----- THE RECORDS -----

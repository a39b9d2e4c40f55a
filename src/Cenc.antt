-- ===== src/Cenc.antt =====
-- taimpl/src/internal/cenc.c: the decryption of the samples of common encryption, over the contexts
-- of Symmetric. The bytes of the input are a
-- function of their position, and so are those of the output: verify_sample has found that the two
-- buffers do not overlap.
pub mod Counter
pub mod Length
pub mod Layout
pub mod Pattern
pub mod Process
pub mod Rollover
pub mod Truncated
pub mod Verify
use tasecureapi.Prelude.{
  ℕ, zero, suc, ◌+◌, ◌-◌, ◌*◌, ◌/◌, ◌%◌, ◌^◌, min, Bool, true, false, ◌&&◌, not, Option, none, some,
  List, [], ◌∷◌, ltb, leb, ◌==◌, if◌then◌else◌, Status, status_ok,
}
use tasecureapi.Memory.{size_mod, add_overflow}
use tasecureapi.Pad.{aes_block_size}
use tasecureapi.Symmetric.{EvpCalls, SymmetricContext, context_decrypt, context_set_iv}
use tasecureapi.Svp.{Memory, memcpy, is_ok}

-- `sa_subsample_length`
pub record Subsample : Type 0 where
  pub clear_data : ℕ
  pub protected_data : ℕ

-- `CENC_OVERFLOW`
abbrev pub cenc_overflow : ℕ
cenc_overflow = 0

-- The loop of `cenc_get_required_length`
unfoldable pub length_from : ℕ → List Subsample → ℕ
unfolding add_overflow
length_from required [] = required
length_from required (s ∷ ss) =
    let (sub_over, sub_length) = add_overflow s.clear_data s.protected_data in
    let (over, required') = add_overflow required sub_length in
    let rest = length_from required' ss in
    if sub_over then cenc_overflow else if over then cenc_overflow else rest

unfoldable pub required_length : List Subsample → ℕ
unfolding length_from
required_length ss = length_from 0 ss

-- The context, the IV as an 8 byte nonce and an 8 byte counter, `enc_byte_count`, and the output.
pub record State (C : Type 0) : Type 0 where
  pub context : SymmetricContext C
  pub nonce : ℕ
  pub counter : ℕ
  pub enc_byte_count : ℕ
  pub out : Memory

abbrev pub word : ℕ
word = 2 ^ 64

module _ {C : Type 0} (calls : EvpCalls C) (input : Memory) where
  -- A call of `symmetric_context_decrypt` on `count` bytes at `base`: its status and its length.
  unfoldable pub update_at : ℕ → ℕ → State C → Status × ℕ × State C
  update_at base count st =
      let u = context_decrypt calls st.context (λ i. input (base + i)) count in
      (
        u.status,
        u.length,
        record st { context = u.context; out = memcpy st.out base u.bytes u.length },
      )

  -- The leading block, or the full blocks, before a rollover in `decrypt`: they are decrypted, the
  -- counter goes on by the blocks, and the IV is set. The number is that of the bytes encrypted.
  unfoldable pub advance : ℕ → ℕ → ℕ → State C → Status × ℕ × State C
  unfolding update_at
  advance base count blocks st =
      let (s, length, st') = update_at base count st in
      let counter = (st'.counter + blocks) % word in
      let (s', context) = context_set_iv calls st'.context st'.nonce counter in
      let moved = record st' { counter = counter; context = context } in
      if count == 0
      then (status_ok, 0, st)
      else if not (is_ok s)
      then (s, 0, st')
      else if not (is_ok s')
      then (s', 0, moved)
      else (
        status_ok,
        length,
        record moved { enc_byte_count = (st'.enc_byte_count + length) % size_mod },
      )

  -- The other branch of `decrypt`: all bytes that are left.
  unfoldable pub plain : ℕ → ℕ → ℕ → State C → Status × State C
  unfolding update_at
  plain base count blocks st =
      let (s, length, st') = update_at base count st in
      if not (is_ok s) then (s, st') else (
        status_ok,
        record st' {
          counter = (st'.counter + blocks) % word;
          enc_byte_count = (st'.enc_byte_count + length) % size_mod;
        },
      )

  -- The body of `decrypt` once its four numbers are known. Its loop runs at most twice, since the
  -- second branch ends it and the first is taken once.
  unfoldable pub decrypt_blocks : Bool → ℕ → ℕ → ℕ → ℕ → ℕ → State C → Status × State C
  decrypt_blocks rollover lead full before base count st =
      let blocks = min before full in
      let (s, n, st') = advance base lead 1 st in
      let (s', n', st'') = advance (base + n) (blocks * aes_block_size) blocks st' in
      let done = n + n' in
      if count == 0
      then (status_ok, st)
      else if rollover
      then (if not (is_ok s)
          then (s, st')
          else if not (is_ok s')
          then (s', st'')
          else if ltb done count
          then plain (base + done) (count - done) (full - blocks) st''
          else (status_ok, st''))
      else plain base count (full + (if lead == 0 then 0 else 1)) st

  -- `decrypt`; the Boolean says whether the algorithm is AES-CTR.
  unfoldable pub decrypt : Bool → ℕ → ℕ → State C → Status × State C
  decrypt ctr base count st =
      let part = st.enc_byte_count % aes_block_size in
      let lead = if part == 0 then 0 else aes_block_size - part in
      let full = ((count + size_mod - lead) % size_mod) / aes_block_size in
      let before = (word - 1 - st.counter + 1) % size_mod in
      let rollover = leb before (full + (if lead == 0 then 0 else 1)) in
      decrypt_blocks (rollover && ctr) lead full before base count st

  -- `memcpy` from the input to the same place of the output.
  unfoldable pub copy_clear : ℕ → ℕ → State C → State C
  copy_clear base count st = record st { out = memcpy st.out base (λ i. input (base + i)) count }

-- What a loop leaves: `status`, `offset`, and the state.
pub record Progress (C : Type 0) : Type 0 where
  pub status : Status
  pub offset : ℕ
  pub state : State C

-- `sa_sample`, as far as it is read here, and whether the algorithm of its cipher is AES-CBC; with
-- `ctr`, whether it is AES-CTR.
pub record Sample : Type 0 where
  pub iv_nonce : ℕ
  pub iv_counter : ℕ
  pub crypt_byte_block : ℕ
  pub skip_byte_block : ℕ
  pub subsamples : List Subsample
  pub cbc : Bool
  pub ctr : Bool

module _ {C : Type 0} (calls : EvpCalls C) (input : Memory) (sample : Sample) where
  -- The CENC or CBC1 mode, for the protected data of one subsample: on an error the offset stays.
  unfoldable pub whole : ℕ → ℕ → State C → Progress C
  unfolding copy_clear
  whole protected offset st =
      let remainder = if sample.cbc then protected % aes_block_size else 0 in
      let block = protected - remainder in
      let (s, st') = decrypt calls input sample.ctr offset block st in
      if not (is_ok s) then record { status = s; offset = offset; state = st' } else record {
        status = s;
        offset = offset + block + remainder;
        state =
            if remainder == 0 then st' else copy_clear calls input (offset + block) remainder st';
      }

  -- The loop over the stripes of the CENS or CBCS mode, with fuel, and the bytes that it leaves.
  unfoldable pub stripes : ℕ → Status → ℕ → ℕ → State C → Option (ℕ × Progress C)
  unfolding copy_clear
  stripes zero so_far offset left st = none
  stripes (suc fuel) so_far offset left st =
      let block =
        min (sample.crypt_byte_block * aes_block_size % size_mod)
          (left / aes_block_size * aes_block_size) in
      let (s, st') = decrypt calls input sample.ctr offset block st in
      let s' = if block == 0 then so_far else s in
      let here = offset + block in
      let left' = left - block in
      let skip =
        min (sample.skip_byte_block * aes_block_size % size_mod)
          (left' / aes_block_size * aes_block_size) in
      let rest =
        stripes fuel s' (here + skip) (left' - skip) (copy_clear calls input here skip st') in
      if ltb left aes_block_size
      then some (left, record { status = so_far; offset = offset; state = st })
      else if not (block == 0) && not (is_ok s)
      then some (left, record { status = s; offset = offset; state = st' })
      else rest

  finish_stripes : Option (ℕ × Progress C) → Option (Progress C)
  unfolding copy_clear
  finish_stripes none = none
  finish_stripes (some (left, p)) =
      some (record p {
        offset = p.offset + left;
        state = copy_clear calls input p.offset left p.state;
      })

  -- The CENS or CBCS mode; the Boolean says that the loop over the subsamples is left.
  unfoldable pub striped : ℕ → Status → ℕ → ℕ → State C → Option (Bool × Progress C)
  unfolding stripes finish_stripes
  striped fuel so_far protected offset st =
      let (s, context) = context_set_iv calls st.context sample.iv_nonce sample.iv_counter in
      let reset = record st {
        nonce = sample.iv_nonce;
        counter = sample.iv_counter;
        context = context;
      } in
      let st' = if sample.cbc then reset else st in
      let s' = if sample.cbc then s else so_far in
      if sample.cbc && not (is_ok s)
      then some (true, record { status = s; offset = offset; state = reset })
      else elim (finish_stripes (stripes fuel s' offset protected st')) [
        | none ↦ none
        | some p ↦ some (false, p)
      ]

  -- The loop over the subsamples.
  unfoldable pub process_from : ℕ → List Subsample → Progress C → Option (Progress C)
  unfolding copy_clear
  process_from fuel [] p = some p
  process_from fuel (s ∷ ss) p =
      let offset = p.offset + s.clear_data in
      let st = copy_clear calls input p.offset s.clear_data p.state in
      let w = whole s.protected_data offset st in
      let next = process_from fuel ss (record { status = p.status; offset = offset; state = st }) in
      let next_whole = process_from fuel ss w in
      let next_striped = λ (q : Progress C). process_from fuel ss q in
      if s.protected_data == 0
      then next
      else if sample.crypt_byte_block == 0
      then (if not (is_ok w.status) then some w else next_whole)
      else elim (striped fuel p.status s.protected_data offset st) [
        | none ↦ none
        | some (left, q) ↦ if left then some q else next_striped q
      ]

  -- `cenc_process_sample` from where it sets the IV on, at the start of its buffers.
  unfoldable pub process : ℕ → SymmetricContext C → Memory → Option (Progress C)
  unfolding process_from
  process fuel context out =
      let (s, context') = context_set_iv calls context sample.iv_nonce sample.iv_counter in
      let st : State C = record {
        context = context';
        nonce = sample.iv_nonce;
        counter = sample.iv_counter;
        enc_byte_count = 0;
        out = out;
      } in
      if not (is_ok s)
      then some (record { status = s; offset = 0; state = st })
      else process_from fuel sample.subsamples (record { status = s; offset = 0; state = st })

-----

> TASK PROMPT
Only the lines above starting with the one with "is AES-CBC; with" and going through the one with "-- The CENC" are to be copied, word for word and with both ends kept.

> SOLVED EXERCISE
-- `sa_sample`, as far as it is read here, and whether the algorithm of its cipher is AES-CBC; with
-- `ctr`, whether it is AES-CTR.
pub record Sample : Type 0 where
  pub iv_nonce : ℕ
  pub iv_counter : ℕ
  pub crypt_byte_block : ℕ
  pub skip_byte_block : ℕ
  pub subsamples : List Subsample
  pub cbc : Bool
  pub ctr : Bool

module _ {C : Type 0} (calls : EvpCalls C) (input : Memory) (sample : Sample) where
  -- The CENC or CBC1 mode, for the protected data of one subsample: on an error the offset stays.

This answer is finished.